Entrevista: Primeiros passos

Uma das atividades mais básicas do jornalista é unir informações soltas e transformá-las em material que seja claro, rico e que, ao mesmo tempo, possa ser compreendido por qualquer pessoa independente do grau de instrução. Porém, na prática, nem tudo é tão fácil como na teoria. Cada área do jornalismo possui desafios que devem ser, diariamente, superados.

Na entrevista, a jornalista carioca Eliane Cantanhêde fala sobre os desafios que cercam a cobertura jornalística de assuntos políticos – principalmente para quem está começando a carreira. A primeira vez que ela teve contato com a prática jornalística foi em 1972 quando ainda cursava o 2º ano de Jornalismo na Universidade de Brasília (UnB). Esse ano marcou o início de suas aventuras como estagiária. Depois de 38 anos de profissão, somou experiências como repórter da revista Veja, colunista do Jornal do Brasil e do Estado de S. Paulo, além de ser diretora de redação das sucursais de O Globo, Gazeta Mercantil e da Folha de S. Paulo em Brasília. Desde 1997 a jornalista é colunista fixa da Folha nas versões impressa e online, onde escreve sobre política interna e externa, área social e comportamento.

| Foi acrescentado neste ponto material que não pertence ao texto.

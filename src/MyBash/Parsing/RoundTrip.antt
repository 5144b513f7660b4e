-- ===== src/MyBash/Parsing/RoundTrip.antt =====
-- A pipeline written as a line, and read back.
use mathlib.Core.List.{append_assoc, append-nil}
use fa_maf_sis_op.Prelude.{
  ℕ, ◌≡◌, refl, ap, ◌∙◌, Bool, true, false, Option, none, some, List, [], ◌∷◌, ◌++◌, ◌<◌, length,
  All, Text,
}
use mathlib.Core.Option
use fa_maf_sis_op.MyBash.GQueue.{GQueue, IsGQueue}
use fa_maf_sis_op.MyBash.Run.{Returns, mono}
use fa_maf_sis_op.MyBash.Scommand.Laws.{Simple}
use fa_maf_sis_op.MyBash.Pipeline.Laws.{pipe}
use fa_maf_sis_op.MyBash.Parser.{
  Redirect, input, output, Symbol, word, redirect, bar, ampersand, blank, newline, after_line,
  HasLine, ParserApi, IsParser,
}
use fa_maf_sis_op.MyBash.Parsing.{parse_pipeline}
use fa_maf_sis_op.MyBash.Parsing.Line.{
  line, background, no_command, add_word, has_words, parsed_line,
}
use fa_maf_sis_op.MyBash.Parsing.Correct.{parse_pipeline_lem}

-- Words with a blank before each.
unfoldable pub spaced : List Text → List Symbol
spaced [] = []
spaced (w ∷ ws) = blank ∷ word w ∷ spaced ws

unfoldable pub file_symbols : Redirect → Option Text → List Symbol
file_symbols r none = []
file_symbols r (some f) = blank ∷ redirect r ∷ blank ∷ word f ∷ []

-- The symbols of a command as `scommand_to_string` writes them, but for a leading blank.
unfoldable pub command_symbols : Simple → List Symbol
unfolding spaced file_symbols
command_symbols c =
    spaced c.words ++ (file_symbols output c.redir_out ++ file_symbols input c.redir_in)

unfoldable pub piped : List Simple → List Symbol
unfolding command_symbols
piped [] = []
piped (c ∷ cs) = blank ∷ bar ∷ (command_symbols c ++ piped cs)

unfoldable pub flag_symbols : Bool → List Symbol
flag_symbols true = []
flag_symbols false = blank ∷ ampersand ∷ []

-- The symbols of a pipeline as `pipeline_to_string` writes them, a line end, and more input.
unfoldable pub line_symbols : Simple → List Simple → Bool → List Symbol → List Symbol
unfolding command_symbols piped flag_symbols
line_symbols c cs wait rest =
    command_symbols c ++ (piped cs ++ (flag_symbols wait ++ newline ∷ rest))

module _ (prior : List Simple) where
  line-spaced :
      (ws : List Text) (cur : Simple) (s : List Symbol)
      → line none cur prior (spaced ws ++ s)
        ≡ line none (record cur { words = cur.words ++ ws }) prior s
  unfolding line spaced
  line-spaced [] cur s = rw append-nil
  line-spaced (w ∷ ws) cur s =
      line-spaced ws (add_word w cur) s
      ∙ ap (λ x. line none (record cur { words = x }) prior s) (append_assoc cur.words (w ∷ []) ws)

  line-files :
      (words : List Text) (out inn : Option Text) (s : List Symbol)
      → line none
          (record { words = words; redir_out = none; redir_in = none })
          prior
          ((file_symbols output out ++ file_symbols input inn) ++ s)
        ≡ line none (record { words = words; redir_out = out; redir_in = inn }) prior s
  unfolding line file_symbols
  line-files words none none s = refl
  line-files words none (some f) s = refl
  line-files words (some f) none s = refl
  line-files words (some f) (some f') s = refl

  line-command :
      (c : Simple) (s : List Symbol)
      → line none no_command prior (command_symbols c ++ s) ≡ line none c prior s
  unfolding command_symbols
  line-command c s =
      ap (line none no_command prior) (
        append_assoc (spaced c.words)
          (file_symbols output c.redir_out ++ file_symbols input c.redir_in) s)
      ∙ line-spaced c.words no_command
          ((file_symbols output c.redir_out ++ file_symbols input c.redir_in) ++ s)
      ∙ line-files c.words c.redir_out c.redir_in s

-- The commands behind the first, and then the end `t` of the line.
line-piped :
    (cs : List Simple) (c : Simple) (prior : List Simple) (t : List Symbol) (wait : Bool)
    → has_words c ≡ true
    → All (λ c. has_words c ≡ true) cs
    → ((c : Simple) (prior : List Simple)
        → has_words c ≡ true
        → line none c prior t ≡ some (record { scommands = prior ++ c ∷ []; wait = wait }))
    → line none c prior (piped cs ++ t) ≡ some (record { scommands = prior ++ c ∷ cs; wait = wait })
unfolding piped line
line-piped [] c prior t wait h hs last = last c prior h
line-piped (d ∷ cs) c prior t wait h hs last = rw h (
    ap (line none no_command (prior ++ c ∷ [])) (append_assoc (command_symbols d) (piped cs) t)
    ∙ line-command (prior ++ c ∷ []) d (piped cs ++ t)
    ∙ line-piped cs d (prior ++ c ∷ []) t wait hs.0 hs.1 last
    ∙ ap (λ x. some (record { scommands = x; wait = wait })) (append_assoc prior (c ∷ []) (d ∷ cs)))

line-flag :
    (wait : Bool) (c : Simple) (prior : List Simple) (rest : List Symbol)
    → has_words c ≡ true
    → line none c prior (flag_symbols wait ++ newline ∷ rest)
      ≡ some (record { scommands = prior ++ c ∷ []; wait = wait })
unfolding line background flag_symbols
line-flag true c prior rest h = rw h
line-flag false c prior rest h = rw h

-- A line that is written for commands with words spells these commands.
parsed_line-line_symbols :
    (c : Simple) (cs : List Simple) (wait : Bool) (rest : List Symbol)
    → has_words c ≡ true
    → All (λ c. has_words c ≡ true) cs
    → parsed_line (line_symbols c cs wait rest) ≡ some (record { scommands = c ∷ cs; wait = wait })
unfolding parsed_line line_symbols
parsed_line-line_symbols c cs wait rest h hs =
    line-command [] c (piped cs ++ (flag_symbols wait ++ newline ∷ rest))
    ∙ line-piped cs c [] (flag_symbols wait ++ newline ∷ rest) wait h hs
        (λ d prior hd. line-flag wait d prior rest hd)

-- No line end stands here.
abbrev NoEnd : List Symbol → Type 0
NoEnd [] = Unit
NoEnd (newline ∷ s) = ⊥
NoEnd (word w ∷ s) = NoEnd s
NoEnd (redirect r ∷ s) = NoEnd s
NoEnd (bar ∷ s) = NoEnd s
NoEnd (ampersand ∷ s) = NoEnd s
NoEnd (blank ∷ s) = NoEnd s

-- `s` is a line that ends before `rest`.
record Line (s rest : List Symbol) : Type 0 where
  has_line : HasLine s
  after : after_line s ≡ rest

Line-append : (x : List Symbol) {s rest : List Symbol} → NoEnd x → Line s rest → Line (x ++ s) rest
Line-append [] nx h = h
Line-append (word w ∷ x) nx h =
    let r = Line-append x nx h in record { has_line = r.has_line; after = r.after }
Line-append (redirect d ∷ x) nx h =
    let r = Line-append x nx h in record { has_line = r.has_line; after = r.after }
Line-append (bar ∷ x) nx h =
    let r = Line-append x nx h in record { has_line = r.has_line; after = r.after }
Line-append (ampersand ∷ x) nx h =
    let r = Line-append x nx h in record { has_line = r.has_line; after = r.after }
Line-append (blank ∷ x) nx h =
    let r = Line-append x nx h in record { has_line = r.has_line; after = r.after }
Line-append (newline ∷ x) nx h = absurd nx

NoEnd-append : (x y : List Symbol) → NoEnd x → NoEnd y → NoEnd (x ++ y)
NoEnd-append [] y hx hy = hy
NoEnd-append (word w ∷ x) y hx hy = NoEnd-append x y hx hy
NoEnd-append (redirect d ∷ x) y hx hy = NoEnd-append x y hx hy
NoEnd-append (bar ∷ x) y hx hy = NoEnd-append x y hx hy
NoEnd-append (ampersand ∷ x) y hx hy = NoEnd-append x y hx hy
NoEnd-append (blank ∷ x) y hx hy = NoEnd-append x y hx hy
NoEnd-append (newline ∷ x) y hx hy = absurd hx

spaced-NoEnd : (ws : List Text) → NoEnd (spaced ws)
unfolding spaced
spaced-NoEnd [] = tt
spaced-NoEnd (w ∷ ws) = spaced-NoEnd ws

file_symbols-NoEnd : (r : Redirect) (f : Option Text) → NoEnd (file_symbols r f)
unfolding file_symbols
file_symbols-NoEnd r none = tt
file_symbols-NoEnd r (some f) = tt

command_symbols-NoEnd : (c : Simple) → NoEnd (command_symbols c)
unfolding command_symbols
command_symbols-NoEnd c = NoEnd-append (spaced c.words) _ (spaced-NoEnd c.words) (
    NoEnd-append (file_symbols output c.redir_out) (file_symbols input c.redir_in)
      (file_symbols-NoEnd output c.redir_out) (file_symbols-NoEnd input c.redir_in))

piped-NoEnd : (cs : List Simple) → NoEnd (piped cs)
unfolding piped
piped-NoEnd [] = tt
piped-NoEnd (c ∷ cs) =
    NoEnd-append (command_symbols c) (piped cs) (command_symbols-NoEnd c) (piped-NoEnd cs)

flag_symbols-Line :
    (wait : Bool) (rest : List Symbol) → Line (flag_symbols wait ++ newline ∷ rest) rest
unfolding flag_symbols
flag_symbols-Line true rest = record { has_line = tt; after = refl }
flag_symbols-Line false rest = record { has_line = tt; after = refl }

line_symbols-Line :
    (c : Simple) (cs : List Simple) (wait : Bool) (rest : List Symbol)
    → Line (line_symbols c cs wait rest) rest
unfolding line_symbols
line_symbols-Line c cs wait rest =
    Line-append (command_symbols c) (command_symbols-NoEnd c)
      (Line-append (piped cs) (piped-NoEnd cs) (flag_symbols-Line wait rest))

-- A pipeline of one or more commands that all have words, written as a line in the form of
-- `pipeline_to_string`, is read back by `parse_pipeline` as the same pipeline: the same words and
-- files in the same order and the same flag. The input behind the line is left.
pub parse_pipeline-line_symbols :
    {g : GQueue} {a : ParserApi} (l : IsGQueue g) (k : IsParser a) (limit : ℕ) (p : a.Parser)
    (c : Simple) (cs : List Simple) (wait : Bool) (rest : List Symbol)
    → has_words c ≡ true
    → All (λ c. has_words c ≡ true) cs
    → a.view p ≡ line_symbols c cs wait rest
    → length (a.view p) < limit
    → Returns
        (λ r.
          (Option.map pipe r.0 ≡ some (record { scommands = c ∷ cs; wait = wait }))
          × (a.view r.1 ≡ rest))
        (parse_pipeline g a limit p)
parse_pipeline-line_symbols l k limit p c cs wait rest h hs e short =
    let written = line_symbols-Line c cs wait rest in
    mono (parse_pipeline_lem l k limit p (rw e written.has_line) short) λ r out. (
      out.pipeline ∙ ap parsed_line e ∙ parsed_line-line_symbols c cs wait rest h hs,
      out.rest ∙ ap after_line e ∙ written.after,
    )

A conversa sobre jornalismo em uma quente tarde de segunda-feira. Simpaticíssima e descontraída, apesar da impessoalidade do telefone, Eliane disse gostar de falar a estudantes, já que foi na faculdade onde “se encontrou” profissionalmente. Ela estava na redação da Folha quando respondeu às perguntas da repórter.

1 - Quais são os maiores desafios para fazer Jornalismo Político?

É ter fontes próximas o suficiente para te dar uma boa informação, mas longe o suficiente para você não ser contaminada e não tomar partido. É preciso equilíbrio. Estar pertinho para saber das coisas, mas sem se envolver.

2 – Você estipulou limites em relação ao envolvimento com suas fontes políticas?

Eu conheço fontes de todos os partidos, de todas as tendências, de todas as gerações. Mas eu não tenho vínculos com lado nenhum, com fonte nenhuma, partido nenhum. É claro que somos pessoas humanas. Têm pessoas com quem eu gosto mais de conversar e tem pessoas que eu gosto menos. Mas não deixo que isso interfira na minha capacidade de analisar e informar. E a gente aprende isso com a experiência.

3 – Como não ser enganado pelo discurso político?

Esse é o grande pulo-do-gato. Quando você fica um repórter um pouco mais experiente, você colhe a declaração e contextualiza. Quando você fica mais experiente ainda - como acontece comigo, que trabalho com opinião - mais do que a frase, me interessa o porquê que aquela frase foi dita e como eu enxergo o que foi dito. Porque eu tenho que conhecer o personagem, os interesses daquele personagem, as alianças dele pra saber não o que ele disse, mas porquê ele disse.

4 – Que características um jornalista que cobre política precisa ter. Habilidades, afinidades?

Primeiro: a cobertura política não é cartesiana. Em política, dois mais dois nem sempre são quatro. Então você precisa ler muito, ter uma boa capacidade de interpretação de texto e de fala, você precisa conhecer os personagens [os políticos] acompanhar o noticiário, não só o nacional, mas o dos estados também. E precisa ser muito, muito curioso. Tem que querer entender o que tá por trás das coisas e tentar projetar o que vai acontecer [depois] daquela reunião, daquela frase, daquele discurso. E as conseqüências dessas coisas todas.

5 – Para um estudante de jornalismo que deseja investir nessa especialidade, por onde começar? Com quem falar, que livros ler, que hábitos ter?

Coisa mais importante do mundo: gostar de ler jornal, revista, ouvir rádio e assistir aos principais telejornais do País – além de programas de TV, também. Tem uns [programas de TV] muito bons como o Roda Viva, por exemplo. Dessas coisas você tem que gostar mais do que da internet. Consultar a internet é bom, mas deturpa muito. Cada um escreve o que bem entende lá. No jornal [impresso], quem escreve é fiscalizado, você é cobrado pelo que escreve. Então eu sugiro que o jovem estudante leia jornal, leia revistas.

Além disso, tem outras coisas básicas como conhecer a história e a geografia brasileira, da América do Sul, da América Latina, do mundo. Quando fiz meu curso [de Jornalismo], por iniciativa própria estudei um pouco de Introdução ao Direito, Introdução às Relações Internacionais, Introdução à Economia e sempre estudei línguas. Você tem que ter uma visão geral, precisa saber ler um artigo da Constituição, precisa ter uma noção da área de Economia. E precisa entender que o Brasil não tá perdido no mundo, ele está inserido num todo.